Reading the center signs incorrectly, because in (x - h)^2 + (y - k)^2 = r^2 the center is (h, k), so opposite signs often appear inside the parentheses.
Using r instead of r^2, because the equation equals the square of the radius, not the radius itself.
Forgetting to complete the square for both x and y terms, because a circle in general form must be rewritten in both variables to reveal the true center and radius.

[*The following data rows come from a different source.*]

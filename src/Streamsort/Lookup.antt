-- ===== src/Streamsort/Lookup.antt =====
-- The pull readers: a getter and a cursor on what was written.
use state_actor.Bytes.{same_bytes}
use state_actor.Prelude.{
  ℕ, zero, suc, ◌≤◌, ◌≡◌, refl, ap, ◌∙◌, arith, ◌&&◌, Option, none, some, List, [], ◌∷◌, length,
  and_then, if◌then◌else◌,
}
use state_actor.Streamsort.{
  Pebble, ok, fail, new_getter_after_close, new_cursor_after_close, new_store, auto_finalize,
  add_reader,
}
use state_actor.Streamsort.Pull.{
  Cursor, Getter, new_cursor, cursor_on, cursor_valid, cursor_next, cursor_entry, new_getter,
  getter_on, getter_get,
}
use state_actor.Streamsort.Keys.{
  Entry, written, lookup, newest, from_key, first_value, first_value-from_key, lookup-written,
  written-Ascending, length-written,
}
use state_actor.Streamsort.Contract.{Documented, tail}
use state_actor.Streamsort.Reads.{
  put_all, put_all-Wrote, new_store-IsWriting, held-new_store, auto_finalize-writing,
  open_reader-writing,
}

-- A loop over the entries of a cursor, with fuel.
unfoldable pub cursor_walk : {B D I : Type 0} → Pebble B D I → ℕ → Cursor I → Option (List Entry)
unfolding cursor_valid cursor_next cursor_entry
cursor_walk pebble zero c =
    and_then (cursor_valid pebble c) (λ more. if more then none else some [])
cursor_walk pebble (suc fuel) c = and_then (cursor_valid pebble c) (λ more.
    let rest = and_then (cursor_entry pebble c) (λ e.
      and_then (cursor_next pebble c)
        (λ r. and_then (cursor_walk pebble fuel r.1) (λ es. some (e ∷ es)))) in
    if more then rest else some [])

-- A sequence of lookups on one getter; an iterator error ends it.
unfoldable pub lookups :
    {B D I : Type 0} → Pebble B D I → Getter I → List (List ℕ) → Option (List (Option (List ℕ)))
unfolding getter_get
lookups pebble g [] = some []
lookups pebble g (k ∷ ks) = and_then (getter_get pebble g k) (λ r.
    let rest = and_then (lookups pebble r.2 ks) (λ vs. some (r.0 ∷ vs)) in
    if r.1 then none else rest)

-- The values of the last writes.
unfoldable pub newest_of : List Entry → List (List ℕ) → List (Option (List ℕ))
unfolding newest
newest_of es [] = []
newest_of es (k ∷ ks) = newest es k none ∷ newest_of es ks

module _ {B D I : Type 0} (pebble : Pebble B D I) (pending : B → List Entry)
    (stored : D → List Entry) (entries upcoming : I → List Entry)
    (documented : Documented pebble pending stored entries upcoming) where
  open documented use {
    iter_of, iter_opens, iter_entries, first_rewinds, seek_finds, seek_keeps, valid_iff, next_moves,
    entry_here, no_error,
  }

  found_by :
      (it : I) (k : List ℕ) (es : List Entry)
      → upcoming it ≡ es
      → (if pebble.iter_valid it && same_bytes (pebble.iter_key it) k
          then some (pebble.iter_value it)
          else none)
        ≡ first_value es k
  found_by it k [] h = rw (valid_iff it, h) refl
  found_by it k ((a, b) ∷ es) h =
      let here = entry_here it (a, b) es h in
      rw (valid_iff it, h, ap (λ e. e.0) here, ap (λ e. e.1) here) refl

  lookups-newest_of :
      (it : I) (es : List Entry) (ks : List (List ℕ))
      → entries it ≡ written es []
      → lookups pebble (record { iter = some it }) ks ≡ some (newest_of es ks)
  unfolding lookups getter_get newest_of lookup
  lookups-newest_of it es [] h = refl
  lookups-newest_of it es (k ∷ ks) h =
      let it' = pebble.iter_seek_ge it k in
      let found =
        found_by it' k (from_key k (written es [])) (seek_finds it k ∙ ap (from_key k) h)
        ∙ (first_value-from_key k (written es []) (written-Ascending es [] tt)
            ∙ lookup-written es [] k) in
      rw (found, no_error it', lookups-newest_of it' es ks (seek_keeps it k ∙ h)) refl

  cursor_walk-entries :
      (fuel : ℕ) (it : I) (es : List Entry)
      → upcoming it ≡ es
      → length es ≤ fuel
      → cursor_walk pebble fuel (record { iter = some it }) ≡ some es
  unfolding cursor_walk cursor_valid cursor_next cursor_entry
  cursor_walk-entries zero it [] h l = rw (valid_iff it, h) refl
  cursor_walk-entries zero it (e ∷ es) h l = absurd (omega arith)
  cursor_walk-entries (suc fuel) it [] h l = rw (valid_iff it, h) refl
  cursor_walk-entries (suc fuel) it (e ∷ es) h l =
      let IH =
        cursor_walk-entries fuel (pebble.iter_next it) es (next_moves it ∙ ap tail h)
          (omega arith) in
      rw (valid_iff it, h, IH, entry_here it e es h) refl

  -- For a database that behaves as Pebble documents and starts empty, after any writes to a new
  -- store: a getter opened on it answers any sequence of lookups with the values of the last writes,
  -- and a cursor walks over the sorted map of the writes, with as much fuel as writes. Each of the two
  -- keeps one reader reference.
  pub pull_readers :
      (d : D) (es : List Entry) (ks : List (List ℕ)) (fuel : ℕ)
      → stored d ≡ []
      → length es ≤ fuel
      → let s = (put_all pebble (new_store pebble d) es).1 in
        ((g : Getter I) × (new_getter pebble s
            ≡ (ok g, add_reader pebble (auto_finalize pebble s).1))
          × (lookups pebble g ks ≡ some (newest_of es ks)))
        × ((c : Cursor I) × (new_cursor pebble s
              ≡ (ok c, add_reader pebble (auto_finalize pebble s).1))
            × (cursor_walk pebble fuel c ≡ some (written es [])))
  unfolding new_getter new_cursor
  pull_readers d es ks fuel h l =
      let r =
        put_all-Wrote pebble pending stored entries upcoming documented (new_store pebble d) es
          (new_store-IsWriting pebble pending stored entries upcoming documented d) in
      let s = (put_all pebble (new_store pebble d) es).1 in
      let d' = (auto_finalize pebble s).1.db in
      let holds =
        iter_entries d'
        ∙ ((auto_finalize-writing pebble pending stored entries upcoming documented s r.1).1
            ∙ (r.2
                ∙ ap (written es)
                    (held-new_store pebble pending stored entries upcoming documented d h))) in
      (
        (
          record { iter = some (iter_of d') },
          open_reader-writing pebble pending stored entries upcoming documented fail
                new_getter_after_close
                (λ s1. getter_on pebble (add_reader pebble s1) (pebble.db_new_iter s1.db)) s r.1
              ∙ rw (iter_opens d') refl,
          lookups-newest_of (iter_of d') es ks holds,
        ),
        (
          record { iter = some (pebble.iter_first (iter_of d')) },
          open_reader-writing pebble pending stored entries upcoming documented fail
                new_cursor_after_close
                (λ s1. cursor_on pebble (add_reader pebble s1) (pebble.db_new_iter s1.db)) s r.1
              ∙ rw (iter_opens d') refl,
          cursor_walk-entries fuel (pebble.iter_first (iter_of d')) (written es [])
              (first_rewinds (iter_of d') ∙ holds) (omega (arith, length-written es [])),
        ),
      )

Assuming every line intersects a circle twice, because a line can touch once at a tangent point or miss the circle completely.

Practice Questions

1 Find the center and radius of the circle (x - 4)^2 + (y + 1)^2 = 16.
2 Rewrite x^2 + y^2 - 6x + 8y - 11 = 0 in standard form by completing the square, then state the center and radius.
3 A line and a circle form a system. Explain how the number of solutions tells whether the line misses the circle, touches it once, or crosses it twice.